From Publishers Weekly

America is perceived as not having a foreign policy tradition, contends Mead (Mortal Splendor: The American Empire in Transition), a senior fellow at the Council on Foreign Relations. In fact, Mead contends, there are actually four contrasting schools of foreign policy: a "Hamiltonian" concern with U.S. economic well-being at home and abroad; a "Wilsonian" impulse to promulgate U.S. values throughout the world; a "Jeffersonian" focus on protecting American democracy in a perilous world; and a bellicose, populist "Jacksonian" commitment to preserving U.S. interests and honor in the world. As Mead's detailed historical analysis of the origin and development of these schools shows, each has its strengths and faults if Wilsonians are too idealistic, Jacksonians are too suspicious of the world but each keeps the other in check, assuring no single school will dominate and that a basic consensus among them will be achieved, as was the case during the Cold War. As the Cold War ended, however, and the world became more complex, consensus ended. Hamiltonians and Wilsonians saw the opportunity to mold the economy and morality of the world in the U.S. image, but Jeffersonian doubt about foreign action in places like Bosnia, and Jacksonian popular suspicions of organizations like the WTO soon challenged such grandiose plans. Mead worries that U.S. foreign policy is too unfocused today and suggests we could learn much from the interactions in the past of the four schools, a complex history he ably unfolds. 8 pages of photos not seen by PW. (Nov. 8) Forecast: With foreign policy at the forefront after September 11, this could help shape discussions of U.S. response; expect serious interest.
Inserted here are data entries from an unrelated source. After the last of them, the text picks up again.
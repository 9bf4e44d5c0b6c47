-- ===== src/Injection/Filled.antt =====
-- What filling puts in the region of keys to send.
use spi_nnfront_end_common.Common.{
  ==_cases, ℕ, zero, suc, ◌+◌, ◌<◌, ◌≡◌, refl, sym, ap, ◌∙◌, inl, inr, Option, some, Option-cases,
  List, [], ◌∷◌, ◌++◌, append_assoc, append-nil, ok, ltb, ◌==◌, ==_iff, ==_refl, if◌then◌else◌,
  Bool-cases, length, get_elem?, drop, drop_all, arith,
}
use spi_nnfront_end_common.Common.Maps.{lookup, lookup-assign}
use spi_nnfront_end_common.Buffers.Region.{BufferedSendingRegion, insort, add_key, add_keys}
use spi_nnfront_end_common.Buffers.Pending.{keys_at}
use spi_nnfront_end_common.Injection.Source.{
  is_in_range, sorted_times, add_ticks, add_atoms, add_ticks_for_all,
}
use spi_nnfront_end_common.Injection.Rates.{count}

keys_at-add_key :
    (t key : ℕ) (r : BufferedSendingRegion) (s : ℕ)
    → keys_at (add_key t key r).buffer s ≡ keys_at r.buffer s ++ (if s == t then key ∷ [] else [])
unfolding add_key
keys_at-add_key t key r s = elim (Option-cases (lookup t r.buffer)) [
  | inl e ↦ elim (==_cases s t) [
    | inl (e', same) ↦ rw (e, lookup-assign s t (key ∷ []) r.buffer, same) (rw (e', e) refl)
    | inr other ↦ rw (e, lookup-assign s t (key ∷ []) r.buffer, other) (sym (append-nil _))
  ]
  | inr (keys, e) ↦ elim (==_cases s t) [
    | inl (e', same) ↦ rw (e, lookup-assign s t (keys ++ key ∷ []) r.buffer, same) (rw (e', e) refl)
    | inr other ↦ rw (e, lookup-assign s t (keys ++ key ∷ []) r.buffer, other) (sym (append-nil _))
  ]
]

keys_at-add_keys :
    (t : ℕ) (keys : List ℕ) (r : BufferedSendingRegion) (s : ℕ)
    → keys_at (add_keys t keys r).buffer s ≡ keys_at r.buffer s ++ (if s == t then keys else [])
unfolding add_keys
keys_at-add_keys t [] r s = elim (Bool-cases (s == t)) [
  | inl e ↦ rw e (sym (append-nil _))
  | inr e ↦ rw e (sym (append-nil _))
]
keys_at-add_keys t (key ∷ keys) r s =
    keys_at-add_keys t keys (add_key t key r) s
    ∙ ap (λ l. l ++ (if s == t then keys else [])) (keys_at-add_key t key r s)
    ∙ append_assoc (keys_at r.buffer s) (if s == t then key ∷ [] else [])
        (if s == t then keys else [])
    ∙ ap (λ l. keys_at r.buffer s ++ l)
        (elim (Bool-cases (s == t)) [ inl e ↦ rw e refl | inr e ↦ rw e refl ])

-- The keys, where the time step is in the range.
abbrev pub ranged : ℕ → ℕ → Option ℕ → List ℕ → List ℕ
ranged t first end_step keys = if is_in_range t first end_step then keys else []

-- So many copies of the keys.
abbrev pub times : ℕ → List ℕ → List ℕ
times zero keys = []
times (suc n) keys = keys ++ times n keys

-- One tick of the loop, with its keys.
ranged-times :
    (t tick first : ℕ) (end_step : Option ℕ) (keys ticks : List ℕ)
    → (if is_in_range tick first end_step then (if t == tick then keys else []) else [])
        ++ ranged t first end_step (times (count t ticks) keys)
      ≡ ranged t first end_step (times (count t (tick ∷ ticks)) keys)
unfolding count
ranged-times t tick first end_step keys ticks = elim (Bool-cases (t == tick)) [
  | inl same ↦
      let e : tick ≡ t = sym ((==_iff t tick).0 same) in
      let c : 1 + count t ticks ≡ suc (count t ticks) = omega arith in
      elim (Bool-cases (is_in_range t first end_step)) [
        | inl inside ↦ rw (e, ==_refl t, inside, c) refl
        | inr outside ↦ rw (e, ==_refl t, outside) refl
      ]
  | inr other ↦
      let c : 0 + count t ticks ≡ count t ticks = omega arith in
      elim (Bool-cases (is_in_range tick first end_step)) [
        | inl inside ↦ rw (other, inside, c) refl
        | inr outside ↦ rw (other, outside, c) refl
      ]
]

keys_at_one_tick :
    (first : ℕ) (end_step : Option ℕ) (keys : List ℕ) (tick : ℕ) (r : BufferedSendingRegion) (t : ℕ)
    → keys_at (if is_in_range tick first end_step then add_keys tick keys r else r).buffer t
      ≡ keys_at r.buffer t
        ++ (if is_in_range tick first end_step then (if t == tick then keys else []) else [])
keys_at_one_tick first end_step keys tick r t =
    elim (Bool-cases (is_in_range tick first end_step)) [
      | inl e ↦ rw e (keys_at-add_keys tick keys r t)
      | inr e ↦ rw e (sym (append-nil (keys_at r.buffer t)))
    ]

keys_at-add_ticks_for_all :
    (first : ℕ) (end_step : Option ℕ) (keys ticks : List ℕ) (r : BufferedSendingRegion) (t : ℕ)
    → keys_at (add_ticks_for_all first end_step keys ticks r).buffer t
      ≡ keys_at r.buffer t ++ ranged t first end_step (times (count t ticks) keys)
unfolding add_ticks_for_all count
keys_at-add_ticks_for_all first end_step keys [] r t =
    elim (Bool-cases (is_in_range t first end_step)) [
      | inl e ↦ rw e (sym (append-nil _))
      | inr e ↦ rw e (sym (append-nil _))
    ]
keys_at-add_ticks_for_all first end_step keys (tick ∷ ticks) r t =
    keys_at-add_ticks_for_all first end_step keys ticks
      (if is_in_range tick first end_step then add_keys tick keys r else r) t
    ∙ ap (λ l. l ++ ranged t first end_step (times (count t ticks) keys))
        (keys_at_one_tick first end_step keys tick r t)
    ∙ append_assoc (keys_at r.buffer t) _ _
    ∙ ap (λ l. keys_at r.buffer t ++ l) (ranged-times t tick first end_step keys ticks)

pub add_ticks-for_all :
    (first : ℕ) (end_step : Option ℕ) (key : ℕ) (ticks : List ℕ) (r : BufferedSendingRegion)
    → add_ticks first end_step key ticks r ≡ add_ticks_for_all first end_step (key ∷ []) ticks r
unfolding add_ticks add_ticks_for_all add_keys
add_ticks-for_all first end_step key [] r = refl
add_ticks-for_all first end_step key (tick ∷ ticks) r =
    add_ticks-for_all first end_step key ticks
      (if is_in_range tick first end_step then add_key tick key r else r)

count-insort : (t s : ℕ) (ts : List ℕ) → count t (insort s ts) ≡ count t (s ∷ ts)
unfolding count insort
count-insort t s [] = refl
count-insort t s (u ∷ ts) = elim (Bool-cases (ltb s u)) [
  | inl e ↦ rw e refl
  | inr e ↦ rw e (omega (arith, count-insort t s ts))
]

pub count-sorted_times : (t : ℕ) (ts : List ℕ) → count t (sorted_times ts) ≡ count t ts
unfolding count sorted_times
count-sorted_times t [] = refl
count-sorted_times t (s ∷ ts) =
    omega (arith, count-insort t s (sorted_times ts), count-sorted_times t ts)

-- All atoms with the same times.
pub keys_at-same_times :
    (first : ℕ) (end_step : Option ℕ) (keys ts : List ℕ) (r : BufferedSendingRegion) (t : ℕ)
    → keys_at (add_ticks_for_all first end_step keys (sorted_times ts) r).buffer t
      ≡ keys_at r.buffer t ++ ranged t first end_step (times (count t ts) keys)
keys_at-same_times first end_step keys ts r t =
    keys_at-add_ticks_for_all first end_step keys (sorted_times ts) r t
    ∙ ap (λ n. keys_at r.buffer t ++ ranged t first end_step (times n keys))
        (count-sorted_times t ts)

-- The keys of the atoms in their order, each as often as its times say.
abbrev pub atom_keys : ℕ → List ℕ → List (List ℕ) → List ℕ
atom_keys t keys [] = []
atom_keys t [] (ts ∷ tss) = []
atom_keys t (key ∷ keys) (ts ∷ tss) = times (count t ts) (key ∷ []) ++ atom_keys t keys tss

ranged-append :
    (t first : ℕ) (end_step : Option ℕ) (ks ls : List ℕ)
    → ranged t first end_step ks ++ ranged t first end_step ls ≡ ranged t first end_step (ks ++ ls)
ranged-append t first end_step ks ls = elim (Bool-cases (is_in_range t first end_step)) [
  | inl e ↦ rw e refl
  | inr e ↦ rw e refl
]

drop-at {ℓ} :
    {A : Type ℓ} (xs : List A) (i : ℕ)
    → i < length xs
    → (a : A) × (get_elem? xs i ≡ some a) × (drop i xs ≡ a ∷ drop (i + 1) xs)
drop-at [] i h = absurd (omega arith)
drop-at (x ∷ xs) zero h = (x, refl, refl)
drop-at (x ∷ xs) (suc i) h =
    let (a, at, rest) = drop-at xs i (omega arith) in
    (a, at, rest ∙ ap (λ k. a ∷ drop k (x ∷ xs)) {x = suc (i + 1)} {y = suc i + 1} (omega arith))

-- The atoms from one on, whose keys and times are what is left of all.
pub add_atoms_lem :
    (first : ℕ) (end_step : Option ℕ) (keys : List ℕ) (tss : List (List ℕ)) (n atom : ℕ)
    (r : BufferedSendingRegion)
    → length keys ≡ atom + n
    → length tss ≡ atom + n
    → (r' : BufferedSendingRegion) × (add_atoms first end_step keys tss n atom r ≡ ok r')
      × ((t : ℕ)
          → keys_at r'.buffer t
            ≡ keys_at r.buffer t
              ++ ranged t first end_step (atom_keys t (drop atom keys) (drop atom tss)))
unfolding add_atoms
add_atoms_lem first end_step keys tss zero atom r p q =
    let none_left = drop_all atom tss (omega arith) in
    (
      r,
      refl,
      λ t. rw none_left (elim (Bool-cases (is_in_range t first end_step)) [
        | inl e ↦ rw e (sym (append-nil (keys_at r.buffer t)))
        | inr e ↦ rw e (sym (append-nil (keys_at r.buffer t)))
      ]),
    )
add_atoms_lem first end_step keys tss (suc n) atom r p q =
    let (key, at_key, keys_left) = drop-at keys atom (omega arith) in
    let (ts, at_ts, tss_left) = drop-at tss atom (omega arith) in
    let r1 = add_ticks first end_step key (sorted_times ts) r in
    let (r', ran, keys_of) =
      add_atoms_lem first end_step keys tss n (atom + 1) r1 (omega arith) (omega arith) in
    (
      r',
      rw (at_ts, at_key) ran,
      λ t.
          let mine = ranged t first end_step (times (count t ts) (key ∷ [])) in
          let others = atom_keys t (drop (atom + 1) keys) (drop (atom + 1) tss) in
          keys_of t
          ∙ ap (λ l. l ++ ranged t first end_step others)
              (ap (λ x. keys_at x.buffer t)
                  (add_ticks-for_all first end_step key (sorted_times ts) r)
                ∙ keys_at-same_times first end_step (key ∷ []) ts r t)
          ∙ append_assoc (keys_at r.buffer t) mine (ranged t first end_step others)
          ∙ ap (λ l. keys_at r.buffer t ++ l)
              (ranged-append t first end_step (times (count t ts) (key ∷ [])) others)
          ∙ rw (keys_left, tss_left) refl,
    )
Copyright 2001 Cahners Business Information, Inc.

From Library Journal

A senior fellow for foreign policy at the Council on Foreign Relations, Mead (Mortal Splendor: The American Empire in Transition) follows in the footsteps of Walter McDougall in Promised Land, Crusader State (Houghton, 1997). Like McDougall, he points out that the United States contrary to the received wisdom was awash in diplomacy from its birth throughout the supposedly isolationist 19th century. But Mead sets himself a broader task. Why, he asks, does the United States still suffer from a reputation for na?vet? despite its meteoric ascent to world power? The author traces European puzzlement at Americans' stubborn independence, aversion to state power, and obsession with commerce. Like other historians, Mead discerns several schools of thought that vie for supremacy within the American diplomatic tradition: Hamilton's preoccupation with commerce, Jefferson's watchfulness over the Republic's founding principles, Jackson's obsession with military strength, and Wilson's pursuit of a just world order. The beneficial interplay of these principles, says Mead, has yielded the most successful foreign policy in history. Largely celebratory and sure to be controversial, this work belongs in all library collections. James R. Holmes, Ph.D. Candidate, Fletcher Sch. of Law & Diplomacy, Tufts Univ., Medford, MA
Copyright 2001 Reed Business Information, Inc.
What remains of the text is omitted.